▶ _Exercise_
Below this sentence is a listing; return exactly its lines from the one with "again = record" to the one with "meanwhile (run-empty_db-IsSound [])", both kept, and nothing more.
————
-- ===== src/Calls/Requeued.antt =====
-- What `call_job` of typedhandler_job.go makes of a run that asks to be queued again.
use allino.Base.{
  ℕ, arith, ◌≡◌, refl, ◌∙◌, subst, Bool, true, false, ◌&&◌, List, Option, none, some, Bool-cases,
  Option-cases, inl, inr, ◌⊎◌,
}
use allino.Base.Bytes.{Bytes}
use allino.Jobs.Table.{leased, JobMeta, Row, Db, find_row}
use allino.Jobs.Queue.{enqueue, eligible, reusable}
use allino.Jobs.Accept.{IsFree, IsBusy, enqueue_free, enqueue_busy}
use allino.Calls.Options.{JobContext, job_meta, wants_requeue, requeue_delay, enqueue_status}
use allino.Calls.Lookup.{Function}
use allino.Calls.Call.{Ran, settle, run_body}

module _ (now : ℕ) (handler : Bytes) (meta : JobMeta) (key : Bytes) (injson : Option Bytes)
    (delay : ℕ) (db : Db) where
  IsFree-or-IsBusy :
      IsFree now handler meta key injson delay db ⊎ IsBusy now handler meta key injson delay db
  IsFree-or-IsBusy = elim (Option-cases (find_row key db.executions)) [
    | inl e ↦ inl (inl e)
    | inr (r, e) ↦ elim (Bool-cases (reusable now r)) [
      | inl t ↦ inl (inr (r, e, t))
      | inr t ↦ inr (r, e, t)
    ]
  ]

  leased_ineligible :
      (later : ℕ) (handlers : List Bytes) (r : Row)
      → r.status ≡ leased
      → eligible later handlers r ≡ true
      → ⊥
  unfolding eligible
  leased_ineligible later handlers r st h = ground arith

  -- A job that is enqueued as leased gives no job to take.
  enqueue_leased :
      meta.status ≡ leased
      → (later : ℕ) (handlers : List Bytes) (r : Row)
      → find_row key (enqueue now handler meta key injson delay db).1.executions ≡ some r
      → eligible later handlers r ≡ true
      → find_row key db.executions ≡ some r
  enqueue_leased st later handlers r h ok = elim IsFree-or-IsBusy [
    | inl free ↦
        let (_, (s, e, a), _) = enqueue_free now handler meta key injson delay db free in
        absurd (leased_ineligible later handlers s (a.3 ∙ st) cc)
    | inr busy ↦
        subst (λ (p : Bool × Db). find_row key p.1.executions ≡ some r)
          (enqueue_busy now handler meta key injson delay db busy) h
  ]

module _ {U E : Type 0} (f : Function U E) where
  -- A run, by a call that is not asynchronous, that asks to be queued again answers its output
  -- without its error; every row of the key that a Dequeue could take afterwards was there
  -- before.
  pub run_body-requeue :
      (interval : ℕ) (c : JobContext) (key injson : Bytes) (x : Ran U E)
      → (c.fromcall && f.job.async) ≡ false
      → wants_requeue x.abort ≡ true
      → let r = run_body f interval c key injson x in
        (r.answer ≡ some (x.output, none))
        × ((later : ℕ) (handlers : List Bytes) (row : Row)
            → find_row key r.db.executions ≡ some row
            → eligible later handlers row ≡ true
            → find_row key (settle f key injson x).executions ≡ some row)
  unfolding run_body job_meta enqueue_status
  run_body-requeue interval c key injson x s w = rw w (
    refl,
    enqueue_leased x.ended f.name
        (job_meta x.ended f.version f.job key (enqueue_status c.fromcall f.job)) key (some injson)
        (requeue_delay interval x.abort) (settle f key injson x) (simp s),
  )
————
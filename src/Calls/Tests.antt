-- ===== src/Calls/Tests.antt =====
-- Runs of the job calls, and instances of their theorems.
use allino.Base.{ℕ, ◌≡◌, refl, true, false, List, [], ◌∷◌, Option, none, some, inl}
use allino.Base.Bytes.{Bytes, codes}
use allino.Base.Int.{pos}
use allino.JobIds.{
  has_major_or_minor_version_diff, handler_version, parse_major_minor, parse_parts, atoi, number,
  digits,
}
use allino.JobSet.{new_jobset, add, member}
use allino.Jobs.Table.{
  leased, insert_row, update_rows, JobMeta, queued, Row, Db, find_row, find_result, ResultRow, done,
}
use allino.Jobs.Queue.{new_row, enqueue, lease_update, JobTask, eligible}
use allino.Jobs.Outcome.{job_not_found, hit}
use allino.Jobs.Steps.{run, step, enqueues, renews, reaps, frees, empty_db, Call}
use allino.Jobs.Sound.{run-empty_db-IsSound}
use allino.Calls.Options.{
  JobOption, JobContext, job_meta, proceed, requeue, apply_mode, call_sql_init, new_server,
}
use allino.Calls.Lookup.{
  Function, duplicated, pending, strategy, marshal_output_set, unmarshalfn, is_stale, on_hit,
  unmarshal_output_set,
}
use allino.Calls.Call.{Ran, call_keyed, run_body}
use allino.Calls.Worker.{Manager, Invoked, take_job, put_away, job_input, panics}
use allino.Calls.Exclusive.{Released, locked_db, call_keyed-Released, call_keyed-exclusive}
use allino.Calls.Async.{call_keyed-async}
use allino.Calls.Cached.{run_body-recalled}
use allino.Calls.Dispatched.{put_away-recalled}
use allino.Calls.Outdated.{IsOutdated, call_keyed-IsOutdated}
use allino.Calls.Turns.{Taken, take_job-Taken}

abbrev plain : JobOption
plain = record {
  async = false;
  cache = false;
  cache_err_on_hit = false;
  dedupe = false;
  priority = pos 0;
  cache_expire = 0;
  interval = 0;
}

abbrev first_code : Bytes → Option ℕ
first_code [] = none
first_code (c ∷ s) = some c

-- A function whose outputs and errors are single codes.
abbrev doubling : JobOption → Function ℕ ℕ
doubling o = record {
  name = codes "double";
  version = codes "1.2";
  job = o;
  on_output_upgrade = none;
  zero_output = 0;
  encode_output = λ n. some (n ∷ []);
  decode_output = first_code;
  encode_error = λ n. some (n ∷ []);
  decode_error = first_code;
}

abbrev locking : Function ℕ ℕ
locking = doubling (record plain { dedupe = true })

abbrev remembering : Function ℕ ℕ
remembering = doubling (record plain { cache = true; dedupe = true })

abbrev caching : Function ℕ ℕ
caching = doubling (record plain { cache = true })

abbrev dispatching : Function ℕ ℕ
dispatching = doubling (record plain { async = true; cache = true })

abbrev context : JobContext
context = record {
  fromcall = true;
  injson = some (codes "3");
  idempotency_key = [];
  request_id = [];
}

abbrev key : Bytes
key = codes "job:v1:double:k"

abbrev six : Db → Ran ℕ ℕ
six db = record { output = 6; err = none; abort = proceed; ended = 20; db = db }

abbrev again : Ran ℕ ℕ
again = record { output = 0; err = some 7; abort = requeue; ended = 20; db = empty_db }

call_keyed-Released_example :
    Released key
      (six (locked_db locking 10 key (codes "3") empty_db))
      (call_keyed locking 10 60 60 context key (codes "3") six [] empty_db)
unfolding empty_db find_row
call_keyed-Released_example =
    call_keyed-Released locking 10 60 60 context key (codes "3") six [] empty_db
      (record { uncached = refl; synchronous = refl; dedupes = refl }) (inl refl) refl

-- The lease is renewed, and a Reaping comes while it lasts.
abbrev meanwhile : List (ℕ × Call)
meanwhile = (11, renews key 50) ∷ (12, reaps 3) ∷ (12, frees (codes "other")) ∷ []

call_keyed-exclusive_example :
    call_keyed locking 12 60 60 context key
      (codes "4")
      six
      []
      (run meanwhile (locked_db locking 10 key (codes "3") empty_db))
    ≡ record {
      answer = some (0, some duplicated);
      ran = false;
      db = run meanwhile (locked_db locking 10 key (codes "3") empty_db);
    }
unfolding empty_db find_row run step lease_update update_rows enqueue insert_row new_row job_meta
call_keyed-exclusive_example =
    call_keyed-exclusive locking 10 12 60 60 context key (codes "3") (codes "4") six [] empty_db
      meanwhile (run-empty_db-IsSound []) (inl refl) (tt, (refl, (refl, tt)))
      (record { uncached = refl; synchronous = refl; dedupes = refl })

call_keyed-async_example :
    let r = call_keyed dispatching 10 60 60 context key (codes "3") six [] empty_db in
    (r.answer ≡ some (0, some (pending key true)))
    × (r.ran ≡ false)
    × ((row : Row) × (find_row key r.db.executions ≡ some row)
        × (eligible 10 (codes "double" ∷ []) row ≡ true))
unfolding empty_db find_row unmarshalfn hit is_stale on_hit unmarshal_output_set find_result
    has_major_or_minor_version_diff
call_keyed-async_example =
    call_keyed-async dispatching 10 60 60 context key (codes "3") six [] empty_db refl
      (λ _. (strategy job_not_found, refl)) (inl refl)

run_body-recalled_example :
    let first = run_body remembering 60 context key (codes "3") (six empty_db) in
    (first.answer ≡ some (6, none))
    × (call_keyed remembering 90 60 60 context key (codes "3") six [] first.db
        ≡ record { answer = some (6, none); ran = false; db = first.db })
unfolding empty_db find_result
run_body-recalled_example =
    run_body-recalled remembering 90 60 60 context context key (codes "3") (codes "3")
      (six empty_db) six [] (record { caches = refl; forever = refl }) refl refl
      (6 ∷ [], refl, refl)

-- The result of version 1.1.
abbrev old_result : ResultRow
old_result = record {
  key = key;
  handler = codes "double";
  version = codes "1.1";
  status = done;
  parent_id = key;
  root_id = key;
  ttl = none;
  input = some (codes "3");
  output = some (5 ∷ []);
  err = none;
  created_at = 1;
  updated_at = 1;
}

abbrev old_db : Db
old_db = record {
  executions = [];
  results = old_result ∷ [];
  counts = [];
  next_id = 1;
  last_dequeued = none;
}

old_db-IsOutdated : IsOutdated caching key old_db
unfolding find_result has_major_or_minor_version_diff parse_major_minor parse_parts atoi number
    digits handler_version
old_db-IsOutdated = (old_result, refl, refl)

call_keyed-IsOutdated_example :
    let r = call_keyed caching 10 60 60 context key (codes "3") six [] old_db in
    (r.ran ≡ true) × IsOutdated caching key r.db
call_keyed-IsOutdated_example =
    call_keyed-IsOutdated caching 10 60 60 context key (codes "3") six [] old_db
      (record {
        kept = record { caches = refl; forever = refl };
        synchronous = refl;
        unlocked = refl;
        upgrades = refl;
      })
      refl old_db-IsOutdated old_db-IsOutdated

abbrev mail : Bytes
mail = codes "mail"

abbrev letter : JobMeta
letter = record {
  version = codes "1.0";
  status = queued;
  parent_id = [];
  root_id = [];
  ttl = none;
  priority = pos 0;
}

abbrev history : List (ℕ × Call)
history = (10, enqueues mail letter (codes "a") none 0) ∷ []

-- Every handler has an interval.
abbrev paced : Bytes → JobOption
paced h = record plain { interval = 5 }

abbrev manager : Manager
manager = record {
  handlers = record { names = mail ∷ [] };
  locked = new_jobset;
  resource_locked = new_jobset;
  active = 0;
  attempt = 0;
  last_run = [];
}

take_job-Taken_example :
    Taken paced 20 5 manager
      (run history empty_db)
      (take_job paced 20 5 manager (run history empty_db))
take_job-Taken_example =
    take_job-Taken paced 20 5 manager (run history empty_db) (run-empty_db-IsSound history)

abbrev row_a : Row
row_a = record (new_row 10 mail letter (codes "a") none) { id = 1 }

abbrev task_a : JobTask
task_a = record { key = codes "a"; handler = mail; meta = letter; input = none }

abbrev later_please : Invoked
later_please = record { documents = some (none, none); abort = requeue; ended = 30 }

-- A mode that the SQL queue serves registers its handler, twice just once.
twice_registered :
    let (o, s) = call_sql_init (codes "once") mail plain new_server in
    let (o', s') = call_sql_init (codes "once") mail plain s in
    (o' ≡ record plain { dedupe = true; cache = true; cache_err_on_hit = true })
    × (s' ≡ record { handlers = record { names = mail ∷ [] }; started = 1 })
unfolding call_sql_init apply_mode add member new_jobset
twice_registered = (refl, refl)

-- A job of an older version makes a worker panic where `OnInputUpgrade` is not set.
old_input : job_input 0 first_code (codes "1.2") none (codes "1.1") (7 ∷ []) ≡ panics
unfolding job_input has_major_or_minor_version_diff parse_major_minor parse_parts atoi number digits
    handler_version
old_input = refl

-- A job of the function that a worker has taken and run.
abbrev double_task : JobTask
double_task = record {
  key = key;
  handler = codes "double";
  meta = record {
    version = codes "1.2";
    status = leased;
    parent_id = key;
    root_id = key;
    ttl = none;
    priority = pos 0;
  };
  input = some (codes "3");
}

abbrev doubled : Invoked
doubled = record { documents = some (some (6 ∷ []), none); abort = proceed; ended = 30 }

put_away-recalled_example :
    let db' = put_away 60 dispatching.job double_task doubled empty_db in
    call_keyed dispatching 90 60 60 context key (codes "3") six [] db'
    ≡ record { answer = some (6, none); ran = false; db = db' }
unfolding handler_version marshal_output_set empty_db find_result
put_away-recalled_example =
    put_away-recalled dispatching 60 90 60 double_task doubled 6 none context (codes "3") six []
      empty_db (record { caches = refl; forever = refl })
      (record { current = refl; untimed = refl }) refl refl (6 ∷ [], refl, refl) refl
————
▶ _Answer section_
again = record { output = 0; err = some 7; abort = requeue; ended = 20; db = empty_db }

call_keyed-Released_example :
    Released key
      (six (locked_db locking 10 key (codes "3") empty_db))
      (call_keyed locking 10 60 60 context key (codes "3") six [] empty_db)
unfolding empty_db find_row
call_keyed-Released_example =
    call_keyed-Released locking 10 60 60 context key (codes "3") six [] empty_db
      (record { uncached = refl; synchronous = refl; dedupes = refl }) (inl refl) refl

-- The lease is renewed, and a Reaping comes while it lasts.
abbrev meanwhile : List (ℕ × Call)
meanwhile = (11, renews key 50) ∷ (12, reaps 3) ∷ (12, frees (codes "other")) ∷ []

call_keyed-exclusive_example :
    call_keyed locking 12 60 60 context key
      (codes "4")
      six
      []
      (run meanwhile (locked_db locking 10 key (codes "3") empty_db))
    ≡ record {
      answer = some (0, some duplicated);
      ran = false;
      db = run meanwhile (locked_db locking 10 key (codes "3") empty_db);
    }
unfolding empty_db find_row run step lease_update update_rows enqueue insert_row new_row job_meta
call_keyed-exclusive_example =
    call_keyed-exclusive locking 10 12 60 60 context key (codes "3") (codes "4") six [] empty_db
      meanwhile (run-empty_db-IsSound []) (inl refl) (tt, (refl, (refl, tt)))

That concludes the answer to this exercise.